§ Task details
Indicate only the number of lines in the listing below in which the word "that" appears.

§ Data supplied
————————

-- ===== src/Export/Chunker/Content.antt =====
-- What the sink of the chunker (openvtld/internal/export/tarchunk.go) receives, on a host that never
-- fails: the windows of the stream, each as one frame, from the first chunk that is not skipped.
use open_vtl.Prelude.{
  ℕ, ◌+◌, ◌*◌, ◌≤◌, ◌<◌, ◌≡◌, refl, String, true, false, Option, none, some, List, [], ◌∷◌, ◌++◌,
  append_assoc, arith, min, length, length-append, leb,
}
use open_vtl.Export.Chunker.{Host, Chunker, open_chunk, close_chunk, stage}
use open_vtl.Export.Chunker.Codec.{Codec, Fed, fresh, fed, Delivery, reliable, restored, Numbered}

abbrev pub H : Codec → (List ℕ → String) → Host
H = reliable

module _ (k : Codec) (hash : List ℕ → String) (size skip : ℕ) where
  open k use {decode, start, push, flush, round_trip}

  -- The staging file: none before the first byte of a window and while skipping, else a frame that
  -- holds the bytes of the window so far.
  pub data Staged (tail : List ℕ) (c : Chunker (H k hash)) : Type 0 where
    skipping : c.f ≡ none → c.enc ≡ none → leb c.skip_until c.idx ≡ false → Staged tail c
    idle : c.f ≡ none → c.enc ≡ none → leb c.skip_until c.idx ≡ true → tail ≡ [] → Staged tail c
    busy :
        (path : String) (e : k.Encoder)
        → c.f ≡ some path
        → c.enc ≡ some e
        → leb c.skip_until c.idx ≡ true
        → Fed start push e c.sum tail
        → c.stored ≡ length c.sum
        → Staged tail c

  -- The stream `d` so far: what was skipped, what the deliveries hold, and the open window.
  pub record Follows (d : List ℕ) (c : Chunker (H k hash)) (w : List Delivery) : Type 0 where
    pub before : List ℕ
    pub tail : List ℕ
    pub base : ℕ
    pub split : before ++ (restored decode w ++ tail) ≡ d
    pub same_size : c.raw_per_chunk ≡ size
    pub same_skip : c.skip_until ≡ skip
    pub positive : 0 < c.raw_per_chunk
    pub within : c.cur_raw ≤ c.raw_per_chunk
    pub tail_counted : length tail ≡ c.cur_raw
    pub base_lem : base ≡ min c.idx c.skip_until
    pub before_counted : length before ≡ base * c.raw_per_chunk
    pub position : c.idx * c.raw_per_chunk + c.cur_raw ≡ length d
    pub deliveries : base + length w ≡ c.idx
    pub numbered : Numbered decode hash c.skip_until w
    pub staged : Staged tail c

  abbrev fed_frame :
      Chunker (H k hash) → String → k.Encoder → List ℕ → List ℕ → ℕ → Chunker (H k hash)
  fed_frame c path e part sum stored =
      let out = (push e part).1 in
      record c {
        f = some path;
        enc = some (push e part).0;
        sum = sum ++ out;
        stored = stored + length out;
      }

  stage_skipping :
      (part : List ℕ) (c : Chunker (H k hash)) (w : List Delivery)
      → leb c.skip_until c.idx ≡ false
      → stage (H k hash) part c w ≡ (none, c, w)
  unfolding stage
  stage_skipping part c w s = rw s

  stage_idle :
      (part : List ℕ) (c : Chunker (H k hash)) (w : List Delivery)
      → c.f ≡ none
      → leb c.skip_until c.idx ≡ true
      → stage (H k hash) part c w ≡ (none, fed_frame c "chunk.tar.zst.tmp" start part [] 0, w)
  unfolding stage open_chunk
  stage_idle part c w f s = ground arith

  stage_busy :
      (part : List ℕ) (c : Chunker (H k hash)) (w : List Delivery) (path : String) (e : k.Encoder)
      → c.f ≡ some path
      → c.enc ≡ some e
      → leb c.skip_until c.idx ≡ true
      → stage (H k hash) part c w ≡ (none, fed_frame c path e part c.sum c.stored, w)
  unfolding stage
  stage_busy part c w path e f enc s = ground arith

  abbrev pub delivery : Chunker (H k hash) → String → k.Encoder → Delivery
  delivery c path e =
      let content = c.sum ++ flush e in
      record {
        result = record {
          idx = c.idx;
          stage_path = path;
          raw_bytes = c.cur_raw;
          stored_bytes = c.stored + length (flush e);
          sha256 = hash content;
        };
        content = content;
      }

  abbrev pub closed : Chunker (H k hash) → k.Encoder → Chunker (H k hash)
  closed c e = record c {
    f = none;
    enc = none;
    sum = c.sum ++ flush e;
    stored = c.stored + length (flush e);
  }

  pub close_busy :
      (c : Chunker (H k hash)) (w : List Delivery) (path : String) (e : k.Encoder)
      → c.f ≡ some path
      → c.enc ≡ some e
      → close_chunk (H k hash) c w ≡ (none, closed c e, w ++ delivery c path e ∷ [])
  unfolding close_chunk
  close_busy c w path e f enc = ground arith

  abbrev pub grown : Chunker (H k hash) → ℕ → Chunker (H k hash)
  grown c n = record c { cur_raw = c.cur_raw + n; raw_seen = c.raw_seen + n }

  append_to_split :
      (before mid tail part : List ℕ) {d : List ℕ}
      → before ++ (mid ++ tail) ≡ d
      → before ++ (mid ++ (tail ++ part)) ≡ d ++ part
  append_to_split before mid tail part e = rw (← e) (simp append_assoc)

  -- The window grows by `part`, once the staging file holds it.
  grow :
      {d : List ℕ} {c : Chunker (H k hash)} {w : List Delivery} (v : Follows d c w)
      → (part : List ℕ) (n : ℕ) → length part ≡ n
      → c.cur_raw + n ≤ c.raw_per_chunk
      → (f : Option String) (enc : Option k.Encoder) (sum : List ℕ) (stored : ℕ)
      → let c' = grown (record c { f = f; enc = enc; sum = sum; stored = stored }) n in
        Staged (v.tail ++ part) c' → Follows (d ++ part) c' w
  grow {d} {c} {w} v part n len fits f enc sum stored staged = record {
    before = v.before;
    tail = v.tail ++ part;
    base = v.base;
    split = append_to_split v.before (restored decode w) v.tail part v.split;
    same_size = v.same_size;
    same_skip = v.same_skip;
    positive = v.positive;
    within = fits;
    tail_counted = omega (arith, length-append v.tail part, v.tail_counted);
    base_lem = v.base_lem;
    before_counted = v.before_counted;
    position = omega (arith, length-append d part, v.position);
    deliveries = v.deliveries;
    numbered = v.numbered;
    staged = staged;
  }

  abbrev Stages : List ℕ → List ℕ → ℕ → Chunker (H k hash) → List Delivery → Type 0
  Stages d part n c w =
      (c' : Chunker (H k hash)) × (stage (H k hash) part c w ≡ (none, c', w))
      × Follows (d ++ part) (grown c' n) w

  stage-Staged :
      {d : List ℕ} (part : List ℕ) (n : ℕ) (c : Chunker (H k hash)) (w : List Delivery)
      → (v : Follows d c w) → length part ≡ n
      → c.cur_raw + n ≤ c.raw_per_chunk
      → Staged v.tail c
      → Stages d part n c w
  stage-Staged part n c w v len fits (skipping f enc s) = (
    c,
    stage_skipping part c w s,
    grow v part n len fits c.f c.enc c.sum c.stored (skipping f enc s),
  )
  stage-Staged part n c w v len fits (idle f enc s empty) =
      let frame = fed fresh part in
      (
        fed_frame c "chunk.tar.zst.tmp" start part [] 0,
        stage_idle part c w f s,
        grow v part n len fits _ _ _ _ (
            busy "chunk.tar.zst.tmp" (push start part).0 refl refl s (rw empty frame)
              (omega arith)),
      )
  stage-Staged part n c w v len fits (busy path e f enc s frame counted) = (
    fed_frame c path e part c.sum c.stored,
    stage_busy part c w path e f enc s,
    grow v part n len fits _ _ _ _ (
        busy path (push e part).0 refl refl s (fed frame part)
          (omega (arith, length-append c.sum (push e part).1))),
  )

  pub stage-Follows :
      {d : List ℕ} (part : List ℕ) (n : ℕ) (c : Chunker (H k hash)) (w : List Delivery)
      → Follows d c w
      → length part ≡ n
      → c.cur_raw + n ≤ c.raw_per_chunk
      → Stages d part n c w
  stage-Follows part n c w v len fits = stage-Staged part n c w v len fits v.staged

————————

§ Completed exercise
3